Quality indicators are defined as quantitative data from which
quality is inferred, assessed, evaluated, or judged. Approaches
to deriving these measures have implications for the practicing
physician. The fundamental challenge in every initiative is capturing
the data necessary to make valid and reliable interpretations
and, ultimately, decisions based on those interpretations.
Documentation is critical
A physicians documentation always is important to the care
of the patient, but the necessity to document risk factors, clinical
history, and other clinical information that might influence
these measures has implications for how the organization will
appear to the public. Additionally, the physician may be asked
to participate in initiatives to collect and record this data
in real-time during the process of care rather than
after the fact. In a real-time data collection mode, the physician
might be asked to document against a standing order sheet. When
the physician deviates from the protocol, the reason also is
documented. This is important to note because this same information
will be used to identify cases that should be excluded from the
measured population.
Physician report cards
Currently, the physicians name is not available in the
Texas Health Care Information Council public domain data file,
but Consumers Union and various business groups are suggesting
that it should be. Should this occur, public reports most likely
would be produced at a physician level with physician names on
reports that might include mortality rates, complication rates,
length of stay reports, and utilization reports on many key patient
populations and surgical procedures. The Dallas-Fort Worth Business
Group on Health is publishing quality reports on a Web site for
use by employees, encouraging them to use the information to
talk with their providers about selecting a hospital. This same
group is heavily promoting patient safety public reporting and
the physician name disclosure in future public releases of state
data.

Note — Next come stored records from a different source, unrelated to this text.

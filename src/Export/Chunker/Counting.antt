-- ===== src/Export/Chunker/Counting.antt =====
-- The counters of the chunker (openvtld/internal/export/tarchunk.go) and the count that `Write` returns.
use open_vtl.Prelude.{
  ℕ, zero, suc, ◌+◌, ◌-◌, ◌*◌, ◌≤◌, ◌<◌, ◌≡◌, refl, Option, none, some, List, [], ◌∷◌, arith, min,
  length, take, length-drop, Bool-cases, Option-cases, ◌==◌, inl, inr,
}
use open_vtl.Export.Chunker.Paired.{Paired, SafeLoop, write_loop-Safely}
use open_vtl.Export.Chunker.{
  error, panicked, Host, Chunker, Outcome, Progress, Written, open_chunk, close_chunk, stage,
  boundary, next_chunk, finish_window, write_piece, write_loop, write, count_part, count_written,
  resume,
}

module _ (h : Host) where
  open h use {World}

  -- The counters agree with the bytes seen: `idx` whole windows and `cur_raw` bytes of the next.
  pub record IsValid (c : Chunker h) : Type 0 where
    pub positive : 0 < c.raw_per_chunk
    pub within : c.cur_raw ≤ c.raw_per_chunk
    pub counted : c.idx * c.raw_per_chunk + c.cur_raw ≡ c.raw_seen

  -- The steps on the staging file leave the counters alone.
  pub record SameCounts (c c' : Chunker h) : Type 0 where
    pub same_size : c'.raw_per_chunk ≡ c.raw_per_chunk
    pub same_skip : c'.skip_until ≡ c.skip_until
    pub same_idx : c'.idx ≡ c.idx
    pub same_raw : c'.cur_raw ≡ c.cur_raw
    pub same_seen : c'.raw_seen ≡ c.raw_seen

  pub open_chunk-SameCounts : (c : Chunker h) (w : World) → SameCounts c (open_chunk h c w).1
  unfolding open_chunk
  open_chunk-SameCounts c w = ground arith

  pub stage-SameCounts :
      (part : List ℕ) (c : Chunker h) (w : World) → SameCounts c (stage h part c w).1
  unfolding stage
  stage-SameCounts part c w = ground (arith, open_chunk-SameCounts c w)

  pub close_chunk-SameCounts : (c : Chunker h) (w : World) → SameCounts c (close_chunk h c w).1
  unfolding close_chunk
  close_chunk-SameCounts c w = ground arith

  IsValid-of_SameCounts : {c c' : Chunker h} → SameCounts c c' → IsValid c → IsValid c'
  IsValid-of_SameCounts {c} {c'} s v = record {
    positive = omega arith;
    within = omega arith;
    counted = omega (arith, cc_product);
  }
    where
      cc_product : c'.idx * c'.raw_per_chunk ≡ c.idx * c.raw_per_chunk
      cc_product = cc (s.same_idx, s.same_size)

  next_window :
      {c : Chunker h}
      → IsValid c
      → c.cur_raw ≡ c.raw_per_chunk
      → IsValid (record c { idx = c.idx + 1; cur_raw = 0 })
  next_window v full = record {
    positive = v.positive;
    within = omega arith;
    counted = omega (arith, v.counted);
  }

  next_chunk-IsValid :
      (o : Outcome h) → IsValid o.1 → o.1.cur_raw ≡ o.1.raw_per_chunk → IsValid (next_chunk h o).1
  unfolding next_chunk
  next_chunk-IsValid (some e, c, w) v full = v
  next_chunk-IsValid (none, c, w) v full = next_window v full

  finish_window-SameCounts : (c : Chunker h) (w : World) → SameCounts c (finish_window h c w).1
  unfolding finish_window
  finish_window-SameCounts c w = ground (arith, close_chunk-SameCounts c w)

  pub boundary-IsValid : (c : Chunker h) (w : World) → IsValid c → IsValid (boundary h c w).1
  unfolding boundary
  boundary-IsValid c w v = elim (Bool-cases (c.cur_raw == c.raw_per_chunk)) [
    | inl full ↦
        let same = finish_window-SameCounts c w in
        rw full
          (next_chunk-IsValid (finish_window h c w) (IsValid-of_SameCounts same v) (ground arith))
    | inr more ↦ rw more v
  ]

  -- The window closed or not, no byte is counted twice; without an error there is room again.
  pub boundary_room :
      (c : Chunker h) (w : World)
      → IsValid c
      → ((boundary h c w).1.raw_seen ≡ c.raw_seen)
        × ((boundary h c w).0 ≡ none
            → (boundary h c w).1.cur_raw < (boundary h c w).1.raw_per_chunk)
  unfolding boundary
  boundary_room c w v = ground (arith, finish_window-SameCounts c w)

  -- What one round has done to the unconsumed bytes `p`: the counters are valid, each byte taken off
  -- `p` is counted, and a round without an error leaves room in the window.
  pub record RoundIsValid (p : List ℕ) (c : Chunker h) (r : Progress h) : Type 0 where
    pub valid : IsValid r.2
    pub consumed : length r.0 + r.2.raw_seen ≡ length p + c.raw_seen
    pub shorter : length r.0 ≤ length p
    pub room : r.1 ≡ none → r.2.cur_raw < r.2.raw_per_chunk
    pub progress : c.cur_raw < c.raw_per_chunk → 0 < length p → r.1 ≡ none → length r.0 < length p

  count_part-IsValid :
      (p : List ℕ) (n : ℕ) (c : Chunker h) (o : Outcome h)
      → IsValid c
      → SameCounts c o.1
      → n ≤ length p
      → c.cur_raw + n ≤ c.raw_per_chunk
      → (c.cur_raw < c.raw_per_chunk → 0 < length p → 0 < n)
      → RoundIsValid p c (count_part h p n o)
  unfolding count_part
  count_part-IsValid p n c (some e, c', w) v same le fits some_byte = record {
    valid = IsValid-of_SameCounts same v;
    consumed = omega arith;
    shorter = omega arith;
    room = λ ok. cc;
    progress = λ r l ok. cc;
  }
  count_part-IsValid p n c (none, c', w) v same le fits some_byte =
      let v' = IsValid-of_SameCounts same v in
      let c'' = record c' { cur_raw = c'.cur_raw + n; raw_seen = c'.raw_seen + n } in
      let ready : IsValid c'' = record {
        positive = v'.positive;
        within = omega arith;
        counted = omega (arith, v'.counted);
      } in
      let (seen, room) = boundary_room c'' w ready in
      record {
        valid = boundary-IsValid c'' w ready;
        consumed = omega (arith, length-drop n p);
        shorter = omega (arith, length-drop n p);
        room = room;
        progress = λ r l ok. omega (arith, length-drop n p, some_byte r l);
      }

  pub write_piece-IsValid :
      (p : List ℕ) (c : Chunker h) (w : World) → IsValid c → RoundIsValid p c (write_piece h p c w)
  unfolding write_piece
  write_piece-IsValid p c w v =
      let n : ℕ = min (length p) (c.raw_per_chunk - c.cur_raw) in
      count_part-IsValid p n c (stage h (take n p) c w) v (stage-SameCounts (take n p) c w)
        (omega arith) (omega (arith, v.within)) (λ r l. omega arith)

  -- What the whole loop has done.
  pub record LoopIsValid (p : List ℕ) (c : Chunker h) (r : Progress h) : Type 0 where
    pub valid : IsValid r.2
    pub consumed : length r.0 + r.2.raw_seen ≡ length p + c.raw_seen
    pub shorter : length r.0 ≤ length p
    pub complete : r.1 ≡ none → length r.0 ≡ 0
    pub room : c.cur_raw < c.raw_per_chunk → r.1 ≡ none → r.2.cur_raw < r.2.raw_per_chunk

  abbrev Ends : List ℕ → Chunker h → Option (Progress h) → Type 0
  Ends p c o = (r : Progress h) × (o ≡ some r) × LoopIsValid p c r

  abbrev Continues : ℕ → (List ℕ → Chunker h → World → Option (Progress h)) → Type 0
  Continues fuel again =
      (q : List ℕ) (c : Chunker h) (w : World)
      → IsValid c
      → length q ≤ fuel
      → c.cur_raw < c.raw_per_chunk
      → Ends q c (again q c w)

  resume_lem :
      (fuel : ℕ) (again : List ℕ → Chunker h → World → Option (Progress h))
      → Continues fuel again
      → (p : List ℕ) (c : Chunker h) (r : Progress h) → RoundIsValid p c r
      → (r.1 ≡ none → length r.0 ≤ fuel)
      → Ends p c (resume h again r)
  unfolding resume
  resume_lem fuel again ih p c (q, some e, c', w) v short = (
    (q, some e, c', w),
    refl,
    record {
      valid = v.valid;
      consumed = v.consumed;
      shorter = v.shorter;
      complete = λ ok. cc;
      room = λ a ok. cc;
    },
  )
  resume_lem fuel again ih p c (q, none, c', w) v short =
      let (r, eq, l) = ih q c' w v.valid (short refl) (v.room refl) in
      (
        r,
        eq,
        record {
          valid = l.valid;
          consumed = omega (arith, l.consumed, v.consumed);
          shorter = omega (arith, l.shorter, v.shorter);
          complete = l.complete;
          room = λ a ok. l.room (v.room refl) ok;
        },
      )

  ends_empty : (c : Chunker h) (w : World) → IsValid c → LoopIsValid [] c ([], none, c, w)
  ends_empty c w v = record {
    valid = v;
    consumed = refl;
    shorter = omega arith;
    complete = λ ok. refl;
    room = λ a ok. a;
  }

  write_loop_ends : (fuel : ℕ) → Continues fuel (write_loop h fuel)
  unfolding write_loop
  write_loop_ends fuel [] c w v short room = (([], none, c, w), refl, ends_empty c w v)
  write_loop_ends zero (x ∷ p) c w v short room = absurd (omega arith)
  write_loop_ends (suc fuel) (x ∷ p) c w v short room =
      let round = write_piece-IsValid (x ∷ p) c w v in
      resume_lem fuel (write_loop h fuel) (write_loop_ends fuel) (x ∷ p) c
        (write_piece h (x ∷ p) c w) round
        (λ ok. omega (arith, round.progress room (omega arith) ok))

  -- From any valid state one round more is enough.
  pub write_loop_total :
      (fuel : ℕ) (p : List ℕ) (c : Chunker h) (w : World)
      → IsValid c
      → length p < fuel
      → Ends p c (write_loop h fuel p c w)
  unfolding write_loop
  write_loop_total fuel [] c w v short = (([], none, c, w), refl, ends_empty c w v)
  write_loop_total zero (x ∷ p) c w v short = absurd (omega arith)
  write_loop_total (suc fuel) (x ∷ p) c w v short =
      let round = write_piece-IsValid (x ∷ p) c w v in
      resume_lem fuel (write_loop h fuel) (write_loop_ends fuel) (x ∷ p) c
        (write_piece h (x ∷ p) c w) round (λ ok. omega (arith, round.shorter))

  -- What `Write` returns for the bytes `p` from the state `c`.
  pub record Returns (p : List ℕ) (c : Chunker h) (r : Written h) : Type 0 where
    pub valid : IsValid r.2
    pub counted : r.2.raw_seen ≡ c.raw_seen + r.0
    pub at_most : r.0 ≤ length p
    pub all_of_it : r.1 ≡ none → (r.0 ≡ length p) × Paired h r.2

  counted_end :
      (p : List ℕ) (c : Chunker h) {o : Option (Progress h)}
      → Ends p c o
      → SafeLoop h o
      → (r : Written h) × (count_written h (length p) o ≡ some r) × Returns p c r
  unfolding count_written
  counted_end p c ((q, some panicked, c', w), eq, l) safe = absurd (rw eq at safe)
  counted_end p c ((q, some (error e), c', w), eq, l) safe = (
    (length p - length q, some e, c', w),
    rw eq,
    record {
      valid = l.valid;
      counted = omega (arith, l.consumed, l.shorter);
      at_most = omega arith;
      all_of_it = λ ok. absurd cc;
    },
  )
  counted_end p c ((q, none, c', w), eq, l) safe = (
    (length p - length q, none, c', w),
    rw eq,
    record {
      valid = l.valid;
      counted = omega (arith, l.consumed, l.shorter);
      at_most = omega arith;
      all_of_it = λ ok. (omega (arith, l.complete refl), (rw eq at safe));
    },
  )

  -- From a state with valid counters in which an open staging file has its encoder, `Write` returns and does not
  -- panic, whatever the host does. The count that it returns is the number of bytes that it counted in `raw_seen`:
  -- at most what it was given, and all of it unless it reports an error. The counters stay valid, and without an
  -- error an open file has its encoder again.
  pub write_lem :
      (p : List ℕ) (c : Chunker h) (w : World)
      → IsValid c
      → Paired h c
      → (r : Written h) × (write h p c w ≡ some r) × Returns p c r
  unfolding write
  write_lem p c w v paired = elim (Option-cases (h.ctx_err w)) [
    | inl live ↦ rw live (
        counted_end p c (write_loop_total (length p + 1) p c w v (omega arith))
          (write_loop-Safely h (length p + 1) p c w paired))
    | inr (e, dead) ↦ rw dead (
      (0, some e, c, w),
      refl,
      record {
        valid = v;
        counted = omega arith;
        at_most = omega arith;
        all_of_it = λ ok. absurd cc;
      },
    )
  ]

The data in the THCIC data is administrative billing datapatient
demographic information and ICD9 coding data that is used to
derive numerous measures. Measures getting a great deal of attention
in Texas are those distributed by the Agency for Health Care
Research and Quality. These measures use administrative data
to get to measures on inpatient quality, prevention quality indicators,
and patient safety. The importance of physician documentation
to this data set is as significant as the measures derived from
clinical data. If the physician does not document it, the coders
cannot code the risk factor or treatment. The ICD9 codes also
are used to adjust rates based on the risk factors, diagnoses,
and procedures.
If health care is to develop accurate quality measurements,
good data are essential. Documentation is key to demonstrate
that a provider is delivering quality care. When reported, data
can directly or indirectly impact physicians. Indirectly, physicians
may be affected if a person sees negative quality reports on
a hospital, and his physician does not admit to other hospitals
the person might access, then the physician could lose patients.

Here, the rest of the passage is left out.